EXERCISE INSTRUCTIONS =
In the entries that follow, the lines from the one with "Reaches-same s t r phase done same" through the one with "s out phase" are the ones to write out, exactly and with both ends included. Nothing else should appear.

ENTRIES SUPPLIED =
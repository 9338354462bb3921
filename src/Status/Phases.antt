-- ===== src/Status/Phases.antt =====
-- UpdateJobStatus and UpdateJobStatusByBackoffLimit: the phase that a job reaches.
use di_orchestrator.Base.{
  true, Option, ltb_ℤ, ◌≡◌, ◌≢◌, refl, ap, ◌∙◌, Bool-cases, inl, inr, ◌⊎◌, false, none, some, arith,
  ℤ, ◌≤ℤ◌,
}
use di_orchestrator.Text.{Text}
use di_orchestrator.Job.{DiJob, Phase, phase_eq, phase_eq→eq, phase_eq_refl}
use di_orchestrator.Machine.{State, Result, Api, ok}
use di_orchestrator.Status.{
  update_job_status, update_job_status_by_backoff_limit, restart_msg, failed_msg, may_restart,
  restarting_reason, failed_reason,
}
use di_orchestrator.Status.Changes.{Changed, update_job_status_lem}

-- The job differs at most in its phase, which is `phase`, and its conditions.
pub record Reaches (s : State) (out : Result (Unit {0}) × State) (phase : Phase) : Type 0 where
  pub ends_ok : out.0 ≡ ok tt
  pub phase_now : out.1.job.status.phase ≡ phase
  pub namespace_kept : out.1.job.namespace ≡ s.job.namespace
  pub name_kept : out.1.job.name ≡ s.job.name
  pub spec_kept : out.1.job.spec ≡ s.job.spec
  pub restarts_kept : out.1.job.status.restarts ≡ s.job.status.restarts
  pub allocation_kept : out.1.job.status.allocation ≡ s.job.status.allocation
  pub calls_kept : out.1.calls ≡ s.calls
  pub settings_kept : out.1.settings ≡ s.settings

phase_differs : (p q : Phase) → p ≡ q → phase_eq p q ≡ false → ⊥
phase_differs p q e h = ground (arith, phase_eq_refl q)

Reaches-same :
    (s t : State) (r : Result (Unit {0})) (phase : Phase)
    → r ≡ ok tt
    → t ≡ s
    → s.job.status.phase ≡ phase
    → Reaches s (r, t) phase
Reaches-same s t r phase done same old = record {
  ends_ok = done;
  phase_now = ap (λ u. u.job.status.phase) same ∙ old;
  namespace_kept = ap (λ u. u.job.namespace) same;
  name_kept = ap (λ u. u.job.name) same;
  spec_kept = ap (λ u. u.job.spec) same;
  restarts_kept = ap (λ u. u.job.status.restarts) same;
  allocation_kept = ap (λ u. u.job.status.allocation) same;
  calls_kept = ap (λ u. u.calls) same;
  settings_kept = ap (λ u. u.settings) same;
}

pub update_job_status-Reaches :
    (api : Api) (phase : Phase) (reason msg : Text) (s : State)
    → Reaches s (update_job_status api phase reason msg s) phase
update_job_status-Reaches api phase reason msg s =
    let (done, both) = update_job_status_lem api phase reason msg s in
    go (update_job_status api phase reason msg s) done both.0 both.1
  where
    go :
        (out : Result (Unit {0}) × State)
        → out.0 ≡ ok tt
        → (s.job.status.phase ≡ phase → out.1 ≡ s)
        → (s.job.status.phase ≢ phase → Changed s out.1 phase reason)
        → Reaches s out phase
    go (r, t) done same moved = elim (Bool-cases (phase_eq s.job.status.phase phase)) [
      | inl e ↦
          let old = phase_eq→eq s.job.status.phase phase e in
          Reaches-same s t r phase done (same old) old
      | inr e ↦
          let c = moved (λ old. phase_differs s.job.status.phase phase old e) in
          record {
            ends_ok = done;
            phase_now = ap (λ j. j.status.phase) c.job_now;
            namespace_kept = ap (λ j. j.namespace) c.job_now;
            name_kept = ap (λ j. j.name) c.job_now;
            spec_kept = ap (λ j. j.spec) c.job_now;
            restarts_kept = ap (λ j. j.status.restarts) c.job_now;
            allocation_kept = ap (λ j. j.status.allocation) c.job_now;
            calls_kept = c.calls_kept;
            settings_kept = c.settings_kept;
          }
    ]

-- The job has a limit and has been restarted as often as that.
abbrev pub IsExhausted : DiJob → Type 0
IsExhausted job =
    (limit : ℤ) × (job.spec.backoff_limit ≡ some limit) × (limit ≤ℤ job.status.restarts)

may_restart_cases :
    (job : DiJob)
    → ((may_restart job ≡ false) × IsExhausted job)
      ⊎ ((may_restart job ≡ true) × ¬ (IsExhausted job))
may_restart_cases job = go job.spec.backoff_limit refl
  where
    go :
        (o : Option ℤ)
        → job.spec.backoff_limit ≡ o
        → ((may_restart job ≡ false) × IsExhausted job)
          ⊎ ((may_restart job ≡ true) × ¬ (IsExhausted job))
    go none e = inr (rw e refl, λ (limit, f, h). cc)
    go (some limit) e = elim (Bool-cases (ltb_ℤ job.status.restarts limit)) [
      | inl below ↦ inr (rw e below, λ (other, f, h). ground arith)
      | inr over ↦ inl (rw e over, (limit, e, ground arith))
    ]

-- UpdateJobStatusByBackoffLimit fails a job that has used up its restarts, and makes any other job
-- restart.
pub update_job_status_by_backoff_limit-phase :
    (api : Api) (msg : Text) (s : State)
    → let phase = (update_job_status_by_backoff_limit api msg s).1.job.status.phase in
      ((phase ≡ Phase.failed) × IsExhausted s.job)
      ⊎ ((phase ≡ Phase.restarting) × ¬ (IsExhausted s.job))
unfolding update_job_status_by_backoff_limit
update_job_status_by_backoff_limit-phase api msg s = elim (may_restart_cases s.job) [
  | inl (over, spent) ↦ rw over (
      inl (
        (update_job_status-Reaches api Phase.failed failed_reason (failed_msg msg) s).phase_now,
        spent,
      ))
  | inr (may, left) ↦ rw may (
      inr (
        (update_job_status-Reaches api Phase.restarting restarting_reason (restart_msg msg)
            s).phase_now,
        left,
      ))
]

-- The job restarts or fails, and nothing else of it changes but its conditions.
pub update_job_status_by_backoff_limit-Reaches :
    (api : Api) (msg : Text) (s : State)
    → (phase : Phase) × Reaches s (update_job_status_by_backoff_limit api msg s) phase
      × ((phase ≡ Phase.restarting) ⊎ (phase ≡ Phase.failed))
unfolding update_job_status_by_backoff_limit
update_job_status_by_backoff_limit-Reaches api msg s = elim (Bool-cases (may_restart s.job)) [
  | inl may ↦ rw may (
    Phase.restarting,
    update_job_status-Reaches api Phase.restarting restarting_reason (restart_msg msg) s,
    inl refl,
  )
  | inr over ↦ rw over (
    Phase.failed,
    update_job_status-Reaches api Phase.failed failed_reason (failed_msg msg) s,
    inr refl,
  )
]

OUTPUT =
Reaches-same s t r phase done same old = record {
  ends_ok = done;
  phase_now = ap (λ u. u.job.status.phase) same ∙ old;
  namespace_kept = ap (λ u. u.job.namespace) same;
  name_kept = ap (λ u. u.job.name) same;
  spec_kept = ap (λ u. u.job.spec) same;
  restarts_kept = ap (λ u. u.job.status.restarts) same;
  allocation_kept = ap (λ u. u.job.status.allocation) same;
  calls_kept = ap (λ u. u.calls) same;
  settings_kept = ap (λ u. u.settings) same;
}

pub update_job_status-Reaches :
    (api : Api) (phase : Phase) (reason msg : Text) (s : State)
    → Reaches s (update_job_status api phase reason msg s) phase
update_job_status-Reaches api phase reason msg s =
    let (done, both) = update_job_status_lem api phase reason msg s in
    go (update_job_status api phase reason msg s) done both.0 both.1
  where
    go :
        (out : Result (Unit {0}) × State)
        → out.0 ≡ ok tt
        → (s.job.status.phase ≡ phase → out.1 ≡ s)
        → (s.job.status.phase ≢ phase → Changed s out.1 phase reason)
        → Reaches s out phase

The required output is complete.